> **REQUIRED WORK**: Go to the line below containing "unfolding handle_send_message" and print exactly from there through the line containing "unfolding handle_typing_event", both included. Print nothing else.

========

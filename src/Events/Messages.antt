-- ===== src/Events/Messages.antt =====
-- `message:send` and the handlers of Events.antt are sequences of actions, too, and reach only the
-- room that the connection is in.
use null_key.Base.{
  ℕ, ◌≡◌, true, not, ◌&&◌, ◌||◌, ◌*◌, some, ◌∷◌, [], List, Option-cases, Bool-cases, inl, inr,
  arith,
}
use null_key.Value.{Value, undefined, text, truthy, is_number, ◌===◌}
use null_key.Net.{
  Frame, not_in_a_room, missing_message_fields, room_id_mismatch, invalid_recipient,
  rate_limit_exceeded, missing_file_size, file_too_large, duplicate_message, missing_invite_fields,
  not_in_this_room, failed_to_register, invite_registered, left_room,
}
use null_key.Protocol.{Payload, Body, falsy, scalar, fields, Env}
use null_key.Validation.{validate_message, validate_invite_creation}
use null_key.JsMap.{get}
use null_key.Room.{some_client}
use null_key.Manager.{add_invite_token, remove_client_from_room}
use null_key.Manager.Step.{removes_client, adds_token}
use null_key.Manager.Members.{member}
use null_key.ReplayGuard.{check_and_mark}
use null_key.RateLimit.{check_message_rate_limit}
use null_key.Relay.{Client, Relay, set_manager, announce_left}
use null_key.Handler.{enter, forward_message_to_client, find_client}
use null_key.Sending.{
  forward, forward_if_fresh, exceeds, forward_file_checked, forward_rate_limited, send_in_room,
  send_validated, handle_send_message, outgoing, recipient_of,
}
use null_key.Events.{
  register_invite, handle_invite_create, handle_typing_event, handle_room_leave,
  handle_client_disconnect,
}
use null_key.ReplayGuard.Window.{check_and_mark-IsSeen, purge-IsSeen}
use null_key.Events.Actions.{
  Acts, done, then_act, updates, calls, broadcasts, forwards, remembers, counts, Acts-trans,
  Acts-if, Acts-send_success, Acts-send_error, Acts-announce_left,
}

find_client-some_client :
    (clients : ℕ → Client) (target : Value) (cs : List ℕ) {w : ℕ}
    → find_client clients target cs ≡ some w
    → some_client w cs ≡ true
unfolding find_client some_client
find_client-some_client clients target [] h = cc
find_client-some_client clients target (c ∷ cs) {w} h =
    ground (arith, find_client-some_client clients target cs {w = w})

module _ (env : Env) (now ws : ℕ) (J K : Value → Type 0) where
  forward_message_to_client-Acts :
      (k : Value) (f : Frame) (target : Value) (s : Relay)
      → K k
      → Acts env.config ws J K s (forward_message_to_client k f target s).0
  unfolding forward_message_to_client
  forward_message_to_client-Acts k f target s h = elim (Option-cases (get k s.manager.rooms)) [
    | inl e ↦ rw (e, forward_message_to_client) done
    | inr (r, e) ↦ elim (Option-cases (find_client s.clients target r.clients)) [
      | inl g ↦ rw (e, g, forward_message_to_client) done
      | inr (w, g) ↦ elim (Bool-cases (s.net.is_open w)) [
        | inl o ↦
            rw (e, g, o, forward_message_to_client)
              (then_act done (
                forwards w k f h
                  (unfold member in rw e (find_client-some_client s.clients target r.clients g))))
        | inr o ↦ rw (e, g, o, forward_message_to_client) done
      ]
    ]
  ]

  module _ (p : Payload) where
    forward-Acts :
        (s : Relay) → K (s.clients ws).room_id → Acts env.config ws J K s (forward now ws p s)
    unfolding forward
    forward-Acts s k =
        Acts-if (truthy (recipient_of p))
          (λ _.
            forward_message_to_client-Acts (s.clients ws).room_id (outgoing p) (recipient_of p) s k)
          (λ _. then_act done (broadcasts now (s.clients ws).room_id (outgoing p) k))

    forward_if_fresh-Acts :
        (s : Relay)
        → K (s.clients ws).room_id
        → Acts env.config ws J K s (forward_if_fresh env now ws p s)
    unfolding forward_if_fresh
    forward_if_fresh-Acts s k =
        let r =
          check_and_mark env.config p.sender_fingerprint p.nonce now
            (env.config.message_ttl_minutes * 60 * 1000) s.seen in
        let marked : Acts env.config ws J K s (record s { seen = r.0 }) = then_act done (
          remembers r.0 (
            check_and_mark-IsSeen env.config p.sender_fingerprint p.nonce now
              (env.config.message_ttl_minutes * 60 * 1000) s.seen)) in
        Acts-if env.config.replay_protection_enabled
          (λ _.
            Acts-if r.1 (λ _. Acts-trans marked (forward-Acts (record s { seen = r.0 }) k))
              (λ _. Acts-send_error marked env.config duplicate_message))
          (λ _. forward-Acts s k)

    forward_file_checked-Acts :
        (s : Relay)
        → K (s.clients ws).room_id
        → Acts env.config ws J K s (forward_file_checked env now ws p s)
    unfolding forward_file_checked
    forward_file_checked-Acts s k =
        Acts-if (p.message_type === text "file")
          (λ _.
            Acts-if (not (truthy p.file_size) || not (is_number p.file_size))
              (λ _. Acts-send_error done env.config missing_file_size)
              (λ _.
                Acts-if (exceeds p.file_size env.config.max_file_size_bytes)
                  (λ _. Acts-send_error done env.config file_too_large)
                  (λ _. forward_if_fresh-Acts s k)))
          (λ _. forward_if_fresh-Acts s k)

    forward_rate_limited-Acts :
        (s : Relay)
        → K (s.clients ws).room_id
        → Acts env.config ws J K s (forward_rate_limited env now ws p s)
    unfolding forward_rate_limited
    forward_rate_limited-Acts s k =
        let r =
          check_message_rate_limit env.config now (s.clients ws).fingerprint
            s.message_rate_buckets in
        let s' = record s { message_rate_buckets = r.0 } in
        let counted : Acts env.config ws J K s s' = then_act done (counts r.0) in
        Acts-if (not r.1) (λ _. Acts-send_error counted env.config rate_limit_exceeded)
          (λ _. Acts-trans counted (forward_file_checked-Acts s' k))

    send_in_room-Acts :
        (s : Relay)
        → K (s.clients ws).room_id
        → Acts env.config ws J K s (send_in_room env now ws p s)
    unfolding send_in_room
    send_in_room-Acts s k =
        Acts-if (not (p.room_id === (s.clients ws).room_id))
          (λ _. Acts-send_error done env.config room_id_mismatch)
          (λ _.
            Acts-if (not (p.recipient_fingerprint === undefined) && not (truthy (recipient_of p)))
              (λ _. Acts-send_error done env.config invalid_recipient)
              (λ _. forward_rate_limited-Acts s k))

  send_validated-Acts :
      (b : Body) (s : Relay)
      → K (s.clients ws).room_id
      → Acts env.config ws J K s (send_validated env now ws b s)
  unfolding send_validated
  send_validated-Acts falsy s k = Acts-send_error done env.config missing_message_fields
  send_validated-Acts scalar s k = Acts-send_error done env.config missing_message_fields
  send_validated-Acts (fields p) s k =
      Acts-if (not (validate_message env (fields p)))
        (λ _. Acts-send_error done env.config missing_message_fields) (λ _. send_in_room-Acts p s k)

  pub handle_send_message-Acts :
      (b : Body) (s : Relay)
      → K (s.clients ws).room_id
      → Acts env.config ws J K s (handle_send_message env now ws b s)
  unfolding handle_send_message
  handle_send_message-Acts b s k =
      Acts-if (not (truthy (s.clients ws).room_id))
        (λ _. Acts-send_error done env.config not_in_a_room) (λ _. send_validated-Acts b s k)

  register_invite-Acts :
      (p : Payload) (s : Relay) → Acts env.config ws J K s (register_invite env ws p s)
  unfolding register_invite
  register_invite-Acts p s =
      let r = add_invite_token p.room_id p.invite_token s.manager in
      let added : Acts env.config ws J K s (set_manager r.0 s) =
        then_act done (calls r.0 (adds_token p.room_id p.invite_token)) in
      Acts-if (not (truthy (s.clients ws).room_id) || not ((s.clients ws).room_id === p.room_id))
        (λ _. Acts-send_error done env.config not_in_this_room)
        (λ _.
          Acts-if r.1 (λ _. Acts-send_success added invite_registered)
            (λ _. Acts-send_error added env.config failed_to_register))

  pub handle_invite_create-Acts :
      (b : Body) (s : Relay) → Acts env.config ws J K s (handle_invite_create env ws b s)
  unfolding handle_invite_create
  handle_invite_create-Acts falsy s = Acts-send_error done env.config missing_invite_fields
  handle_invite_create-Acts scalar s = Acts-send_error done env.config missing_invite_fields
  handle_invite_create-Acts (fields p) s =
      Acts-if (not (validate_invite_creation env (fields p)))
        (λ _. Acts-send_error done env.config missing_invite_fields) (λ _. register_invite-Acts p s)

  pub handle_typing_event-Acts :
      (f : Value → Value → Frame) (s : Relay)
      → K (s.clients ws).room_id
      → Acts env.config ws J K s (handle_typing_event now ws f s)
  unfolding handle_typing_event
  handle_typing_event-Acts f s k =
      Acts-if (not (truthy (s.clients ws).room_id)) (λ _. done)
        (λ _. then_act done (broadcasts now (s.clients ws).room_id _ k))

  pub handle_room_leave-Acts :
      (s : Relay) → K (s.clients ws).room_id → Acts env.config ws J K s (handle_room_leave now ws s)
  unfolding handle_room_leave
  handle_room_leave-Acts s k =
      let c = s.clients ws in
      let told = announce_left now c.room_id ws s in
      let m = (remove_client_from_room now c.room_id ws told.manager).0 in
      let gone : Acts env.config ws J K s (enter ws undefined (set_manager m told)) =
        then_act
          (then_act (Acts-announce_left done now c.room_id k)
            (calls m (removes_client now c.room_id)))
          (updates _) in
      Acts-if (truthy c.room_id)
        (λ _.
          Acts-send_success
            (Acts-if (truthy c.fingerprint)
              (λ _. then_act gone (remembers _ (purge-IsSeen c.fingerprint _))) (λ _. gone))
            left_room)
        (λ _. done)

  pub handle_client_disconnect-Acts :
      (s : Relay)
      → K (s.clients ws).room_id
      → Acts env.config ws J K s (handle_client_disconnect now ws s)
  unfolding handle_client_disconnect
  handle_client_disconnect-Acts s k =
      let c = s.clients ws in
      let m = (remove_client_from_room now c.room_id ws s.manager).0 in
      let told =
        Acts-announce_left (then_act done (calls m (removes_client now c.room_id))) now c.room_id
          k in
      Acts-if (truthy c.room_id)
        (λ _.
          Acts-if (truthy c.fingerprint)
            (λ _. then_act (then_act told (remembers _ (purge-IsSeen c.fingerprint _))) (counts _))
            (λ _. told))
        (λ _. done)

========

> **SOLUTION BELOW**:
  unfolding handle_send_message
  handle_send_message-Acts b s k =
      Acts-if (not (truthy (s.clients ws).room_id))
        (λ _. Acts-send_error done env.config not_in_a_room) (λ _. send_validated-Acts b s k)

  register_invite-Acts :
      (p : Payload) (s : Relay) → Acts env.config ws J K s (register_invite env ws p s)
  unfolding register_invite
  register_invite-Acts p s =
      let r = add_invite_token p.room_id p.invite_token s.manager in
      let added : Acts env.config ws J K s (set_manager r.0 s) =
        then_act done (calls r.0 (adds_token p.room_id p.invite_token)) in
      Acts-if (not (truthy (s.clients ws).room_id) || not ((s.clients ws).room_id === p.room_id))
        (λ _. Acts-send_error done env.config not_in_this_room)
        (λ _.
          Acts-if r.1 (λ _. Acts-send_success added invite_registered)
            (λ _. Acts-send_error added env.config failed_to_register))

  pub handle_invite_create-Acts :
      (b : Body) (s : Relay) → Acts env.config ws J K s (handle_invite_create env ws b s)
  unfolding handle_invite_create
  handle_invite_create-Acts falsy s = Acts-send_error done env.config missing_invite_fields
  handle_invite_create-Acts scalar s = Acts-send_error done env.config missing_invite_fields
  handle_invite_create-Acts (fields p) s =
      Acts-if (not (validate_invite_creation env (fields p)))
        (λ _. Acts-send_error done env.config missing_invite_fields) (λ _. register_invite-Acts p s)

  pub handle_typing_event-Acts :
      (f : Value → Value → Frame) (s : Relay)
      → K (s.clients ws).room_id
      → Acts env.config ws J K s (handle_typing_event now ws f s)
  unfolding handle_typing_event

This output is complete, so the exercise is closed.